Start of Provided records

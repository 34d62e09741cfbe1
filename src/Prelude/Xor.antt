-- ===== src/Prelude/Xor.antt =====
-- `^` on bytes and on blocks: it undoes itself.
use Prim.Native.Nat.{ℕ, zero, suc, ◌+◌, ◌*◌, ◌/◌, ◌%◌, ◌≤◌, ◌<◌, differ, bit_xor, bit_xor-bitwise}
use mathlib.Core.Path.{◌≡◌, refl, ap, ap₂, ◌∙◌}
use mathlib.Core.List.{List, [], ◌∷◌}
use native.Mathlib.Omega.{arith}
use libsignal_zig.Prelude.Bits.{digit_step}
use libsignal_zig.Prelude.Lists.{length}

xor_step : (a b : ℕ) → bit_xor a b ≡ bit_xor (a / 2) (b / 2) * 2 + differ (a % 2) (b % 2)
xor_step zero b = simp bit_xor-bitwise (omega arith)
xor_step (suc a) b = simp bit_xor-bitwise (digit_step (λ d. d) differ a b)

differ_twice : (p q : ℕ) → p < 2 → q < 2 → (differ p q < 2) × (differ (differ p q) q ≡ p)
differ_twice zero zero hp hq = (omega arith, refl)
differ_twice zero (suc zero) hp hq = (omega arith, refl)
differ_twice (suc zero) zero hp hq = (omega arith, refl)
differ_twice (suc zero) (suc zero) hp hq = (omega arith, refl)
differ_twice zero (suc (suc q)) hp hq = absurd (omega arith)
differ_twice (suc zero) (suc (suc q)) hp hq = absurd (omega arith)
differ_twice (suc (suc p)) q hp hq = absurd (omega arith)

xor_back : (n a b : ℕ) → a ≤ n → b ≤ n → bit_xor (bit_xor a b) b ≡ a
xor_back zero zero zero ha hb = refl
xor_back zero zero (suc b) ha hb = absurd (omega arith)
xor_back zero (suc a) b ha hb = absurd (omega arith)
xor_back (suc n) a b ha hb =
    let (small, undone) = differ_twice (a % 2) (b % 2) (omega arith) (omega arith) in
    let halves : bit_xor a b / 2 ≡ bit_xor (a / 2) (b / 2) = omega (arith, xor_step a b, small) in
    let parity : bit_xor a b % 2 ≡ differ (a % 2) (b % 2) = omega (arith, xor_step a b, small) in
    xor_step (bit_xor a b) b
    ∙ ap₂ (λ (s t : ℕ). bit_xor s (b / 2) * 2 + differ t (b % 2)) halves parity
    ∙ ap₂ (λ (s t : ℕ). s * 2 + t) (xor_back n (a / 2) (b / 2) (omega arith) (omega arith)) undone
    ∙ omega arith

-- Byte by byte, as far as both blocks go.
abbrev pub xor_bytes : List ℕ → List ℕ → List ℕ
xor_bytes [] ys = []
xor_bytes (x ∷ xs) [] = []
xor_bytes (x ∷ xs) (y ∷ ys) = bit_xor x y ∷ xor_bytes xs ys

pub length-xor_bytes :
    (xs ys : List ℕ) → length xs ≡ length ys → length (xor_bytes xs ys) ≡ length xs
length-xor_bytes [] ys h = refl
length-xor_bytes (x ∷ xs) [] h = absurd (omega arith)
length-xor_bytes (x ∷ xs) (y ∷ ys) h = ap suc (length-xor_bytes xs ys (omega arith))

pub xor_bytes_back : (xs ys : List ℕ) → length xs ≡ length ys → xor_bytes (xor_bytes xs ys) ys ≡ xs
xor_bytes_back [] ys h = refl
xor_bytes_back (x ∷ xs) [] h = absurd (omega arith)
xor_bytes_back (x ∷ xs) (y ∷ ys) h =
    ap₂ (λ (z : ℕ) (zs : List ℕ). z ∷ zs) (xor_back (x + y) x y (omega arith) (omega arith))
      (xor_bytes_back xs ys (omega arith))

End of Provided records

■ What to produce ■
After locating the line with "ys) ≡ length xs" in the material above, return it and each line after it exactly, ending at the line with "xor_bytes_back (x ∷ xs) (y".

■ Result of the exercise ■
    (xs ys : List ℕ) → length xs ≡ length ys → length (xor_bytes xs ys) ≡ length xs
length-xor_bytes [] ys h = refl
length-xor_bytes (x ∷ xs) [] h = absurd (omega arith)
length-xor_bytes (x ∷ xs) (y ∷ ys) h = ap suc (length-xor_bytes xs ys (omega arith))

pub xor_bytes_back : (xs ys : List ℕ) → length xs ≡ length ys → xor_bytes (xor_bytes xs ys) ys ≡ xs
xor_bytes_back [] ys h = refl
xor_bytes_back (x ∷ xs) [] h = absurd (omega arith)
xor_bytes_back (x ∷ xs) (y ∷ ys) h =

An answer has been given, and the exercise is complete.